Purpose
The purpose of this standard is to secure and protect the information and applications that reside on WPI-owned workstations and servers.
This standard seeks to mitigate internal and external risks which include but are not limited to:
- Unauthorized access.
- Interception of data during transmission.
- Loss of information in a disaster.
- Corruption of data or systems.
- Unauthorized transfer of information to third parties.
Scope
The scope covers systems in one or more of the following categories.
- Administrative and academic computers
- Computers in classrooms and general purpose computing labs
- Systems storing sensitive data:
- WPI confidential information
- Governmentally regulated information
- WPI intellectual property
- Information covered under any executed non-disclosure agreement
- WPI confidential information
Standard
Servers
Physical Requirements
Servers are:
- Located in a reasonable operating environment.
- Connected to appropriate surge suppression and backup power.
- Located in a locked, limited access room.
General Requirements
Servers are:
- Configured to store sensitive data within a local RAID array configured for RAID levels 1, 1+0, 3, or 5 or store the data on a SAN configured in the same fashion.
- Comprehensively detailed in the Data Protection and System Recovery Plan.

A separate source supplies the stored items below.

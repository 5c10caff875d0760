-- ===== src/Server/Start.antt =====
-- utils/config.rs and server/server.rs: the configuration of a file, and the start of the server.
use minifto.Common.{
  ℕ, Option, none, some, Bytes, codes, ◌++◌, if◌then◌else◌, Fallible, returns, ◌>>=◌, unwrap,
}
use minifto.Os.{Os}
use minifto.Kernel.{Kernel, called}
use minifto.Config.{Config, default_config}
use minifto.EventLoop
use minifto.SortedList.{Heap}
use minifto.Text.Decimal.{show}
use minifto.Text.Utf8.{from_utf8}
use minifto.Utils.{Host, already_running, daemonize}
use minifto.Server.State
use minifto.Server.State.{Moment, Slot}
use minifto.Server.Loop.{Running, run}

module _ {kernel : Kernel} (host : Host kernel) where
  unfoldable pub get_content : (path : Bytes) → kernel.World → Fallible (Option Bytes)
  get_content path w = unwrap (from_utf8 path) >>= λ text. returns (host.read_to_string text w)

  -- Where no file can be read, the default is written to `DEFAULT_CONF_FILE`.
  unfoldable pub write_default : kernel.World → Fallible (Config × kernel.World)
  write_default w = unwrap (host.to_yaml default_config) >>= λ content.
      let r = host.create (codes "config.yaml") w in
      unwrap r.0 >>= λ file.
      called (host.write_all file content r.1) >>= λ w'. returns (default_config, w')

  -- `Config::new`
  unfoldable pub load : (path : Bytes) → kernel.World → Fallible (Config × kernel.World)
  unfolding get_content write_default
  load path w = get_content path w >>= λ r. elim r [
    | none ↦ write_default w
    | some content ↦ unwrap (host.from_yaml content) >>= λ config. returns (config, w)
  ]

-- How the start of the server ends: another one runs already, this process is the parent and exits,
-- or the loop of `run` is entered.
pub data Started (os : Os) (kernel : Kernel) : Type 0 where
  refused : Started os kernel
  exits : Started os kernel
  runs : Running os kernel → Started os kernel

-- The memory that the server begins with: the number of processors, and what the allocator and the
-- new mutexes hold before they are written.
pub record Memory (os : Os) : Type 0 where
  pub cpus : ℕ
  pub heap : Heap ℕ (ℕ × ℕ)
  pub slots : ℕ → Slot os.Sock

module _ {os : Os} {kernel : Kernel} (host : Host kernel) (memory : Memory os) where
  -- The server and its loop, from the configuration on: they are ready to run.
  unfoldable pub build : Config → kernel.World → Fallible (Running os kernel)
  unfolding EventLoop.new State.new
  build config w =
      let addr = config.server_addr ++ codes ":" ++ show config.server_port in
      let r = host.listen addr w in
      unwrap r.0 >>= λ listener. EventLoop.new kernel listener r.1 >>= λ l.
      State.new kernel memory.cpus memory.heap config l.0 l.1 >>= λ s. returns (record {
        event_loop = s.1;
        system = record { server = s.0; slots = memory.slots; fresh = 0; kernel_world = s.2 };
        handled = 0;
      })

  -- What follows `daemonize`: the parent exits, and the child builds the server.
  unfoldable pub after_fork : (path : Bytes) → Option kernel.World → Fallible (Started os kernel)
  unfolding load build
  after_fork path none = returns Started.exits
  after_fork path (some w) =
      load host path w >>= λ c. build c.0 c.1 >>= λ s. returns (Started.runs s)

  -- `run_server` up to `run`
  unfoldable pub prepare : (path : Bytes) → kernel.World → Fallible (Started os kernel)
  unfolding already_running daemonize after_fork
  prepare path w = already_running host w >>= λ r.
      if r.0 then returns Started.refused else (daemonize host r.1 >>= λ d. after_fork path d)

  -- `run_server`, with the turns of `run`
  unfoldable pub run_server :
      (root : Bytes)
      → (times : ℕ → Moment) → (rounds : ℕ) → (path : Bytes) → kernel.World
      → Fallible (Started os kernel)
  unfolding prepare run
  run_server root times rounds path w = prepare path w >>= λ s. elim s [
    | Started.refused ↦ returns Started.refused
    | Started.exits ↦ returns Started.exits
    | Started.runs s ↦ run root times rounds s >>= λ s'. returns (Started.runs s')
  ]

- Listed in the Capacity and Replacement Plan.
- Running a local software firewall to limit access from anywhere to sensitive services which might be running on the server.

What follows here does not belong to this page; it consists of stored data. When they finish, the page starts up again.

-- ===== src/Server/Startup.antt =====
-- server/server.rs: the server that `run_server` starts, and the turns of its loop.
mod Examples
use minifto.Common.{
  ℕ, ◌≡◌, refl, ap, subst, Bool, true, false, if◌then◌else◌, Option, none, some, [], ◌++◌, Bytes,
  codes, inr, arith, Fallible, returns, panics, ◌>>=◌, unwrap, Returned, Returned-bind,
  Returned-step, Returned-branch,
}
use minifto.Os.{Os}
use minifto.Kernel.{Kernel}
use minifto.Config.{Config}
use minifto.EventLoop
use minifto.EventLoop.{EventLoop}
use minifto.Common.Int.{pos}
use minifto.Text.Decimal.{show}
use minifto.SortedList.Lists.{Lists, new-Lists}
use minifto.SortedList.Keys.{descriptor}
use minifto.TimerList
use minifto.TimerList.Timed.{IsTimed}
use minifto.Utils.{Host, already_running, daemonize}
use minifto.Server.State
use minifto.Server.State.{FtpServer, Moment, System}
use minifto.Server.Served.{IsServer}
use minifto.Server.Admission.{size-IsServer}
use minifto.Server.Loop.{Running, run}
use minifto.Server.Rounds.{AllInTime, Ran, run-Served, time_after}
use minifto.Server.Start.{Started, Memory, load, build, after_fork, prepare, run_server}

module _ {os : Os} {kernel : Kernel} where
  -- A server without a session, that has handled no event.
  record IsNew (s : Running os kernel) : Type 0 where
    empty : Lists s.system.server.sessions.list []
    none_handled : s.handled ≡ 0

  -- Whatever runs is new.
  IfRuns : Started os kernel → Type 0
  IfRuns Started.refused = Unit
  IfRuns Started.exits = Unit
  IfRuns (Started.runs s) = IsNew s

module _ {os : Os} {kernel : Kernel} (host : Host kernel) (memory : Memory os) where
  -- The server that `FtpServer::new` makes has no session.
  HasNone : FtpServer × EventLoop × kernel.World → Type 0
  HasNone r = Lists r.0.sessions.list []

  new-HasNone :
      (config : Config) (l : EventLoop) (w : kernel.World)
      → Returned HasNone (State.new kernel memory.cpus memory.heap config l w)
  unfolding State.new TimerList.new HasNone
  new-HasNone config l w =
      Returned-bind HasNone (EventLoop.add_timer kernel (pos 5) l w) _ (λ r. new-Lists memory.heap)

  build-IsNew :
      (config : Config) (w : kernel.World)
      → Returned (IsNew {os = os} {kernel = kernel}) (build host memory config w)
  unfolding build HasNone
  build-IsNew config w =
      let r = host.listen (config.server_addr ++ codes ":" ++ show config.server_port) w in
      Returned-bind IsNew (unwrap r.0) _ λ listener.
        Returned-bind IsNew (EventLoop.new kernel listener r.1) _ λ l.
          Returned-step HasNone IsNew (State.new kernel memory.cpus memory.heap config l.0 l.1) _
            (new-HasNone config l.0 l.1)
            (λ s none_there. record { empty = none_there; none_handled = refl })

  after_fork-IfRuns :
      (path : Bytes) (d : Option kernel.World)
      → Returned (IfRuns {os = os} {kernel = kernel}) (after_fork host memory path d)
  unfolding after_fork IfRuns
  after_fork-IfRuns path none = tt
  after_fork-IfRuns path (some w) = Returned-bind IfRuns (load host path w) _ λ c.
      Returned-step IsNew IfRuns (build host memory c.0 c.1) _ (build-IsNew c.0 c.1) (λ s new. new)

  prepare-IfRuns :
      (path : Bytes) (w : kernel.World)
      → Returned (IfRuns {os = os} {kernel = kernel}) (prepare host memory path w)
  unfolding prepare IfRuns
  prepare-IfRuns path w = Returned-bind IfRuns (already_running host w) _ λ r.
      Returned-branch IfRuns r.0 (returns Started.refused) _ tt
        (Returned-bind IfRuns (daemonize host r.1) _ (after_fork-IfRuns path))

  -- The invariant holds of a new server at any time.
  IsNew-IsServer : (t : ℕ) (s : Running os kernel) → IsNew s → IsServer s.system t s.system []
  IsNew-IsServer t s new = record {
    timed = record { lists = new.empty; newest = tt; before = tt };
    at_most = inr (omega arith);
    sound = λ p bad. bad;
  }

  -- If the start of the server comes to the loop, then `run_server` enters it with the server that
  -- was prepared, which has no session, and for any number of turns, with the events one after the
  -- other, the invariant of the server holds, or the loop has panicked for a fault or for an error
  -- of `epoll_wait`.
  pub run_server-Ran :
      (root : Bytes) (t : ℕ) (times : ℕ → Moment) (rounds : ℕ) (path : Bytes) (w : kernel.World)
      (s : Running os kernel)
      → AllInTime t times
      → prepare host memory path w ≡ returns (Started.runs s)
      → (run_server host memory root times rounds path w
          ≡ (run root times rounds s >>= λ s'. returns (Started.runs s')))
        × (TimerList.size s.system.server.sessions ≡ 0)
        × Ran s.system t times (run root times rounds s)
  unfolding run_server IfRuns
  run_server-Ran root t times rounds path w s in_time e =
      let new : IsNew s = subst (Returned IfRuns) e (prepare-IfRuns path w) in
      let start : IsServer s.system (time_after t times s.handled) s.system [] =
        IsNew-IsServer (time_after t times s.handled) s new in
      (
        rw (e) refl,
        size-IsServer (time_after t times s.handled) s.system [] start,
        run-Served s.system t times root rounds s [] in_time start,
      )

- Running an anti-virus package which automatically updates whenever appropriate.
- Running a host-based Intrusion Detection System (IDS) on critical files for system operation.
System Operation Standard
All servers meet the following standards:
- Unnecessary services are disabled.
- Unnecessary software is removedUnnecessary software is removed.
- Separation of development and production, where technically and financially feasible.
- Separate server for Internet Access, where technically and financially feasible.
- All daemon processes run under unprivileged accounts and/or in chroot jails whenever possible.
- System logs are logged locally and to a central logging server whenever possible and reviewed regularly.
- Encrypt data when feasible.
- Eliminate general user access from critical system infrastructure whenever possible.
System Access Standard
All server accessibility meets the following standards:
- Passwords follow the WPI Password Standard.
- Whenever possible, passwords use a centralKerberos password database to both simplify the number of passwords and centralize management of users.
- Users are given the minimal of privileges necessary to perform their function and these privileges are checked at least once a year.
- Access methods into the servers use encrypted username/password verification mechanisms at minimum and use fully encrypted connections whenever possible.
- Access to servers containing personal records or business data is limited to on-campus connections only. Off-campus access is enabled through the WPI VPN.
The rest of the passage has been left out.